Here is the bar. Since the forum won't let me post links yet, I removed the http part. Just add that and then paste the rest of the link in your address bar:

farm2.static.flickr.com/1134/3165415900_fa9b5b6cbb.jpg


----------



## ohmaynn (Jan 4, 2009)

Originally Posted by *nikita2471* /img/forum/go_quote.gif I'm not sure how long ago Revlon did this but at one point, Colorstay came with a pump! I know cuz I just purchased a bottle with a pump at Big Lots today! It's probably an older formula as it doesn't say it contains the Softflex in it (which the current version does now).
I took a pic to show the difference between the bottles. I *think* the pump will fit the newer bottle but will see once I wash it and try.

Here is the bar. Since the forum won't let me post links yet, I removed the http part. Just add that and then paste the rest of the link in your address bar:

farm2.static.flickr.com/1134/3165415900_fa9b5b6cbb.jpg

wow! thanks!! 
turns out the mac pump doesn't work with the Revlon foundation..

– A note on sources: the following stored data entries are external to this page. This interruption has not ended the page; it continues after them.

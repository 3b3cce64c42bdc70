-- ===== src/Tests/Files.antt =====
-- Runs of the file lifecycle and of the log ring.
use astrbot_plugin_webchat_g.Prelude.{
  String, not, ◌&&◌, ◌≤◌, ◌≡◌, refl, true, false, none, List, [], ◌∷◌, arith, text_key, length,
  ◌==◌, if◌then◌else◌,
}
use astrbot_plugin_webchat_g.Storage.Rows.{FileRow}
use astrbot_plugin_webchat_g.Storage.Files.{get_file, delete_files_by_ids}
use astrbot_plugin_webchat_g.FileLifecycle.{
  Files, Answers, deleted, refused, counted, without_repeats, delete_object, delete_objects,
  release_rows, release_files_safely, ids_of, commit_attachments_or_release,
}
use astrbot_plugin_webchat_g.FileLifecycle.Anchors.{IsAnchored, release_keeps_anchors}
use astrbot_plugin_webchat_g.FileLifecycle.Commits.{all_committed, commit_lem}
use astrbot_plugin_webchat_g.LogBuffer.{
  Ring, Filter, init, append, next_id, emit, passes, scan, snapshot,
}
use astrbot_plugin_webchat_g.LogBuffer.Paging.{pending, drain}
use astrbot_plugin_webchat_g.LogBuffer.Rotation.{Record, emit_each, emitted_lem}

-- The store refuses to delete the object of one file.
abbrev answers : Answers
answers = record {
  deletion = λ id. if id == "b" then refused else deleted;
  removal = counted;
  mark_raises = false;
  has_store = true;
}

abbrev stored : String → String → FileRow
stored id key = record {
  file_id = id;
  token_name = "t";
  session_id = "s";
  mime = "image/png";
  size_bytes = 1;
  storage_key = key;
  committed = false;
  uploaded_at = 5;
  committed_at = none;
  filename = "";
}

abbrev rows : List FileRow
rows = stored "a" "k" ∷ stored "b" "l" ∷ stored "a" "k" ∷ []

abbrev files : Files
files = record { objects = "k" ∷ "l" ∷ []; rows = stored "a" "k" ∷ stored "b" "l" ∷ [] }

program : Unit {0}
unfolding without_repeats delete_object delete_objects delete_files_by_ids release_rows
    release_files_safely init append next_id emit passes scan snapshot pending drain emit_each
program = tt

files-IsAnchored : IsAnchored files
unfolding get_file
files-IsAnchored = (
  ("a", stored "a" "k", refl, refl, refl, refl),
  (("b", stored "b" "l", refl, refl, refl, refl), tt),
)

release_keeps_anchors_example : IsAnchored (release_files_safely answers true rows files).1
unfolding get_file
release_keeps_anchors_example =
    release_keeps_anchors answers true rows files (refl, (refl, (refl, tt))) files-IsAnchored

commit_lem_example :
    IsAnchored (commit_attachments_or_release answers rows 9 files).2
    × (((commit_attachments_or_release answers rows 9 files).0
          && not (
              all_committed
                (ids_of rows)
                (commit_attachments_or_release answers rows 9 files).2.rows))
        ≡ false)
unfolding get_file
commit_lem_example = commit_lem answers rows 9 files (refl, (refl, (refl, tt))) files-IsAnchored

-- Every record passes.
abbrev open_filter : Filter
open_filter = record {
  level_no = λ _. 20;
  contains = λ needle message. true;
  level = none;
  grep = none;
}

abbrev records : List Record
records =
    record { created = 1; levelname = "INFO"; name = "n"; message = "x"; exc = none }
    ∷ record { created = 2; levelname = "INFO"; name = "n"; message = "y"; exc = none }
    ∷ record { created = 3; levelname = "INFO"; name = "n"; message = "z"; exc = none }
    ∷ []

emitted_lem_example :
    (length (emit_each records (init 2)).entries ≤ (emit_each records (init 2)).capacity)
    × (drain open_filter (emit_each records (init 2)) 1 2 0
        ≡ pending open_filter 0 (emit_each records (init 2)).entries)
emitted_lem_example = emitted_lem 2 records open_filter 1 2 0 (unfold program in omega arith)

-- The two records that are left.
abbrev left : Ring
left = record {
  capacity = 2;
  entries =
      record { id = 2; ts = 2; level = "INFO"; logger = "n"; message = "y"; exc = none }
      ∷ record { id = 3; ts = 3; level = "INFO"; logger = "n"; message = "z"; exc = none }
      ∷ [];
  next_id = 4;
}
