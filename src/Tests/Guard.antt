-- ===== src/Tests/Guard.antt =====
-- Runs of the guard of addresses.
use astrbot_plugin_webchat_g.Prelude.{◌≡◌, refl, true, false, some, List, [], ◌∷◌, ◌++◌, text_key}
use astrbot_plugin_webchat_g.Dict.{get, put, remove}
use astrbot_plugin_webchat_g.IpFailures.{record_ip_failure, is_ip_blocked, decrement_ip_failure}
use astrbot_plugin_webchat_g.IpGuard.{IpGuard, normalize_ip, is_blocked, record_failure, reset}
use astrbot_plugin_webchat_g.IpGuard.Budget.{
  Event, failure, success, apply, replay, first_failure_passes,
}

abbrev guard : IpGuard
guard = record { max_fails = 2; block_seconds = 60 }

-- One guess, one success, two more guesses: blocked at the last one, for a minute.
abbrev attack : List Event
attack = failure "10.0.0.1" 100 ∷ success "10.0.0.1" ∷ failure "10.0.0.1" 105 ∷ []

attack_blocks :
    is_blocked guard "10.0.0.1" 110 (replay guard [] (attack ++ failure "10.0.0.1" 107 ∷ []))
    ≡ (true, 57)
unfolding is_blocked replay apply record_failure reset normalize_ip is_ip_blocked record_ip_failure
    decrement_ip_failure get put remove
attack_blocks = refl

an_address : normalize_ip "10.0.0.1" ≡ some "10.0.0.1"
unfolding normalize_ip
an_address = refl

an_unknown_address : normalize_ip "unknown" ≡ some "__unknown__"
unfolding normalize_ip
an_unknown_address = refl

abbrev strict : IpGuard
strict = record { max_fails = 1; block_seconds = 60 }

first_failure_passes_example :
    is_blocked strict "10.0.0.1" 101 (record_failure strict "10.0.0.1" 100 []).1 ≡ (false, 0)
unfolding get
first_failure_passes_example =
    first_failure_passes strict [] "10.0.0.1" "10.0.0.1" 100 101 an_address refl
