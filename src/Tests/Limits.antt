-- ===== src/Tests/Limits.antt =====
-- Runs of the limiter, of the upload gate and of the quota.
use Prim.Native.Char.{code}
use astrbot_plugin_webchat_g.Prelude.{
  ◌+◌, ◌≤◌, ◌≡◌, refl, ap, true, false, List, [], ◌∷◌, ◌↔◌, arith, is_some, text_key, number_key,
}
use astrbot_plugin_webchat_g.Dict.{get, put, remove}
use astrbot_plugin_webchat_g.Ratelimit
use astrbot_plugin_webchat_g.Ratelimit.{
  acquire, acquire_with_id, release, busy, current_stream_id, lookup_lock, exit_release, exit_evict,
  free_lock,
}
use astrbot_plugin_webchat_g.Ratelimit.Keys.{IsNulFree}
use astrbot_plugin_webchat_g.Ratelimit.Schedule
use astrbot_plugin_webchat_g.Ratelimit.Schedule.{
  enter, leave, evict, open_stream, close_stream, holds,
}
use astrbot_plugin_webchat_g.Ratelimit.Exclusion.{single_flight}
use astrbot_plugin_webchat_g.Gate
use astrbot_plugin_webchat_g.Gate.Race.{gate_admits_two}
use astrbot_plugin_webchat_g.Quota.{QuotaReservation}
use astrbot_plugin_webchat_g.Usage.{get_today_usage}
use astrbot_plugin_webchat_g.Quota.Accounting
use astrbot_plugin_webchat_g.Quota.Accounting.{
  open_one, commit_one, close_one, charged, usage_exact, never_overshoots,
}

-- A stream on one session, a plain request on another, and a second stream that is refused.
abbrev traffic : List Schedule.Call
traffic = open_stream "a" "s1" ∷ enter "b" ∷ open_stream "a" "s2" ∷ close_stream "a" "s2" ∷ []

traffic-holds : holds "a" (Schedule.run Schedule.start traffic).streams ≡ 1
unfolding Schedule.run Schedule.step acquire acquire_with_id release lookup_lock Ratelimit.init get
    put remove
traffic-holds = refl

single_flight_example :
    (holds "a" (Schedule.run Schedule.start traffic).plain
        + holds "a" (Schedule.run Schedule.start traffic).streams
      ≤ 1)
    × ((is_some (acquire "a" (Schedule.run Schedule.start traffic).limiter).0 ≡ true) ↔ (
        holds "a" (Schedule.run Schedule.start traffic).plain
          + holds "a" (Schedule.run Schedule.start traffic).streams
        ≡ 0))
single_flight_example = single_flight traffic "a"

ab-IsNulFree : IsNulFree "ab"
ab-IsNulFree =
    (λ e. absurd (omega (arith, ap code e)), (λ e. absurd (omega (arith, ap code e)), tt))

gate_admits_two_example :
    Gate.on_name "t"
      (Gate.run Gate.start (
        Gate.enter 1 "t"
        ∷ Gate.enter 2 "t"
        ∷ Gate.leave 1
        ∷ Gate.enter 3 "t"
        ∷ Gate.resume 2
        ∷ [])).inside
    ≡ 2
gate_admits_two_example = gate_admits_two "t" 1 2 3

-- Two sessions of one token with a quota of 1, and the first gives its unit back.
abbrev day_of_two : List Accounting.Call
day_of_two =
    open_one "t" 7 1 ∷ open_one "t" 7 1 ∷ close_one 0 ∷ open_one "t" 7 1 ∷ commit_one 0 ∷ []

usage_exact_example :
    get_today_usage "t" 7 (Accounting.run Accounting.start day_of_two).table
    ≡ charged "t" 7 (Accounting.run Accounting.start day_of_two).sessions
usage_exact_example = usage_exact day_of_two "t" 7

never_overshoots_example :
    get_today_usage "t" 7 (Accounting.run Accounting.start day_of_two).table ≤ 1
never_overshoots_example = never_overshoots day_of_two "t" 7 1 (omega arith)

abbrev held : QuotaReservation
held = record { name = "t"; day = 7; count = 1; remaining = 1; settled = false }
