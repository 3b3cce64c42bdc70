-- ===== src/Tests/Requests.antt =====
-- Runs of the request gate.
use astrbot_plugin_webchat_g.Prelude.{◌≡◌, refl, true, false, none, some, List, [], ◌∷◌, text_key}
use astrbot_plugin_webchat_g.Dict.{get, put, remove}
use astrbot_plugin_webchat_g.IpFailures.{record_ip_failure, is_ip_blocked, decrement_ip_failure}
use astrbot_plugin_webchat_g.IpGuard.{normalize_ip, is_blocked, record_failure, reset}
use astrbot_plugin_webchat_g.Storage.Rows.{TokenRow}
use astrbot_plugin_webchat_g.Storage.Tokens.{get_token_by_hash, set_token_revoked, revoke_token}
use astrbot_plugin_webchat_g.RequestGate.Revocation.{passes_as, revoked_never_passes}
use astrbot_plugin_webchat_g.RequestGate.{
  Request, Urls, GateDeps, extract_origin, is_same_origin, is_origin_allowed, client_ip,
  extract_bearer, judge, gate_request,
}
use astrbot_plugin_webchat_g.RequestGate.Verdicts.{token_of, gate_lem}

abbrev urls : Urls
urls = record { join = λ scheme netloc. netloc; netloc = λ url. url }

abbrev pub deps : GateDeps
deps = record {
  ip_guard = record { max_fails = 2; block_seconds = 60 };
  urls = urls;
  hash_token = λ token. token;
  allowed_origins = "a" ∷ [];
  trust_forwarded_for = true;
  trust_referer_as_origin = false;
  allow_missing_origin = false;
}

-- A request with a token that is revoked, from behind the proxy.
abbrev pub request : Request
request = record {
  origin = "a";
  sec_fetch_site = "";
  referer_scheme = "";
  referer_netloc = "";
  scheme = "http";
  host = "h";
  forwarded_for = "spoofed" ∷ "1.2.3.4" ∷ [];
  real_ip = "";
  remote = "127.0.0.1";
  api_key = "";
  bearer = "old";
}

abbrev revoked_row : TokenRow
revoked_row = record {
  name = "t";
  token_hash = "old";
  daily_quota = 5;
  note = "";
  created_at = 1;
  revoked_at = some 3;
  expires_at = none;
}

abbrev tokens : List TokenRow
tokens = revoked_row ∷ []

gate_lem_example :
    (token_of (gate_request deps tokens request 10 10 10 []).0 ≡ none)
    × ((gate_request deps tokens request 10 10 10 []).1
        ≡ (
          "1.2.3.4",
          record { fail_count = 1; first_fail_ts = 10; last_fail_ts = 10; blocked_until = 0 },
        )
          ∷ [])
unfolding gate_request judge extract_origin is_same_origin is_origin_allowed client_ip
    extract_bearer normalize_ip is_blocked record_failure reset record_ip_failure is_ip_blocked
    decrement_ip_failure get put remove get_token_by_hash
gate_lem_example = gate_lem deps tokens request 10 10 10 []

abbrev live : List TokenRow
live = record revoked_row { revoked_at = none } ∷ []

revoked_never_passes_example :
    (passes_as deps request 10 10 10 [] (set_token_revoked "t" true 9 live).1 ≡ none)
    × (passes_as deps request 10 10 10 [] (revoke_token "t" 9 live).1 ≡ none)
unfolding get_token_by_hash extract_bearer
revoked_never_passes_example =
    revoked_never_passes deps request 10 10 10 [] "t" 9 live
      (record revoked_row { revoked_at = none }) refl refl
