-- ===== src/Tests/Serving.antt =====
-- Runs of the file endpoints.
use astrbot_plugin_webchat_g.Prelude.{
  ◌≡◌, refl, String, true, false, none, some, [], ◌∷◌, text_key, arith,
}
use astrbot_plugin_webchat_g.Dict.{get, put, remove}
use astrbot_plugin_webchat_g.Storage.Rows.{TokenRow, FileRow}
use astrbot_plugin_webchat_g.Storage.Tokens.{get_token_by_hash, get_token_by_name}
use astrbot_plugin_webchat_g.Storage.Files.{
  get_file, insert_file, total_size_for_token, delete_files_by_ids,
}
use astrbot_plugin_webchat_g.IpFailures.{record_ip_failure, is_ip_blocked, decrement_ip_failure}
use astrbot_plugin_webchat_g.IpGuard.{normalize_ip, is_blocked, record_failure, reset}
use astrbot_plugin_webchat_g.RequestGate.{
  Request, extract_origin, is_origin_allowed, client_ip, extract_bearer, gate_request, judge,
}
use astrbot_plugin_webchat_g.FileLifecycle.{Files}
use astrbot_plugin_webchat_g.FileCookie.{
  payload, sign, verify, parts_of, rsplit, new_tracker, raised, record_logout, is_invalidated,
  prune_expired, build_clear_cookie_value,
}
use astrbot_plugin_webchat_g.FileCookie.Logout.{logs_out, sweeps, run, is_voided}
use astrbot_plugin_webchat_g.FileServing.{
  Deps, Times, Ask, bytes, peek_name, peeked_row, verified_row, cookie_token, is_file_id,
  is_image_mime, serve_file, serve,
}
use astrbot_plugin_webchat_g.FileServing.Owners.{given_file, serve_lem}
use astrbot_plugin_webchat_g.FileServing.Cookies.{cookie_token_lem}
use astrbot_plugin_webchat_g.FileServing.Sessions.{cleared, leaving, logout}
use astrbot_plugin_webchat_g.FileServing.Sessions.Voiding.{logout_lem}
use astrbot_plugin_webchat_g.FileServing.Uploads.{
  Answers, Limits, saved, read_chunks, parse_parts, is_session_id, ext_for_mime, save_object,
  store_upload, check_upload, upload,
}
use astrbot_plugin_webchat_g.Tests.Requests
use astrbot_plugin_webchat_g.Tests.Cookies.{
  encode, decode, render, parse, size, codec, numbers-IsReadable, texts-IsReadable,
}

program : Unit {0}
unfolding payload sign verify parts_of rsplit new_tracker raised record_logout is_invalidated
    prune_expired run is_voided encode decode render parse size peek_name peeked_row verified_row
    cookie_token is_file_id is_image_mime serve_file serve get_file get_token_by_name
    get_token_by_hash get put remove extract_origin is_origin_allowed client_ip extract_bearer
    is_blocked is_ip_blocked normalize_ip record_failure record_ip_failure reset
    decrement_ip_failure leaving logout build_clear_cookie_value gate_request judge read_chunks
    parse_parts is_session_id ext_for_mime save_object store_upload check_upload upload insert_file
    total_size_for_token delete_files_by_ids
program = tt

abbrev deps : Deps
deps = record {
  gate = Requests.deps;
  codec = codec;
  has_secret = true;
  cookie_ttl = 60;
  cookie_path = "/";
  is_direct = false;
}

abbrev row : TokenRow
row = record {
  name = "t";
  token_hash = "h";
  daily_quota = 5;
  note = "";
  created_at = 1;
  revoked_at = none;
  expires_at = none;
}

abbrev cookie : String
cookie = sign codec "t" "h" 9

-- Another token has logged out.
cookie_token_lem_example :
    cookie_token deps 5 5 cookie
      (some (run (logs_out "u" 1 ∷ sweeps 2 ∷ []) (new_tracker 60)))
      (row ∷ [])
    ≡ some row
unfolding program
cookie_token_lem_example =
    cookie_token_lem deps numbers-IsReadable texts-IsReadable refl "t" "h" 9 refl
      (logs_out "u" 1 ∷ sweeps 2 ∷ []) 60 5 5 (row ∷ []) (omega arith, tt)

abbrev times : Times
times = record { checked = 5; read = 5; failed = 5; verified = 5; rechecked = 5 }

-- A request that brings the cookie alone.
abbrev request : Request
request = record Requests.request { bearer = "" }

logout_lem_example :
    ((logout deps request cookie times (row ∷ []) (some (new_tracker 60), [])).0
      ≡ cleared (build_clear_cookie_value "/"))
    × (cookie_token deps 6 6 cookie
          (logout deps request cookie times (row ∷ []) (some (new_tracker 60), [])).1
          (row ∷ [])
        ≡ none)
unfolding program
logout_lem_example =
    logout_lem deps request cookie times (row ∷ []) (new_tracker 60) [] row 9 6 6 (row ∷ []) refl
      refl refl (omega arith) (omega arith)

abbrev stored : FileRow
stored = record {
  file_id = "abcdefghijklmnop";
  token_name = "t";
  session_id = "s";
  mime = "image/png";
  size_bytes = 10;
  storage_key = "t/abcdefghijklmnop.png";
  committed = true;
  uploaded_at = 1;
  committed_at = some 2;
  filename = "";
}

abbrev ask : Ask
ask = record {
  request = request;
  cookie = cookie;
  file_id = "abcdefghijklmnop";
  preview = false;
  has_signed = false;
  reading = bytes;
}

serve_lem_example :
    given_file (serve deps ask times none (row ∷ []) (stored ∷ []) []).0 ≡ some stored
unfolding program
serve_lem_example = serve_lem deps ask (stored ∷ []) times none (row ∷ []) []

abbrev limits : Limits
limits = record { max_file_size_mb = 1; per_token_storage_mb = 1; allowed_mime = "image/png" ∷ [] }

abbrev answers : Answers
answers = record {
  detected = some "image/png";
  file_id = "ABCDEFGHIJKLMNOP";
  total_raises = false;
  insert_raises = false;
  saving = saved;
  rollback_raises = false;
}

abbrev files : Files
files = record { objects = "t/abcdefghijklmnop.png" ∷ []; rows = stored ∷ [] }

now i need to go to big lots...yippie!!


----------



## SagittariusAnna (Jan 4, 2009)

I agree!


----------



## nikita2471 (Jan 5, 2009)

I tried the pump from the old version with the new version bottle and alas, it doesn't fit! *cries* I will say that I kinda like the old formula over the new one! It doesn't have that strong smell that the Softflex foundation has! It also matches my skin despite looking a little darker in the bottle.


----------



## magneticheart (Jan 5, 2009)

I tried Revlon Colorstay a few months ago and that was one of the things that put me off, it's really messy and easy to waste because you end up spilling it all over your hands.


----------



## Adrienne (Jan 6, 2009)

Unfortunately that was another turn off for me on Colorstay (besides no colormatch).

here, this girl tries to put the mac pump on it but it doesn't fit either.


----------



## CellyCell (Jan 7, 2009)

You can always empty out your MAC foundation if you're not using it - wash it, and put the Revlon in there?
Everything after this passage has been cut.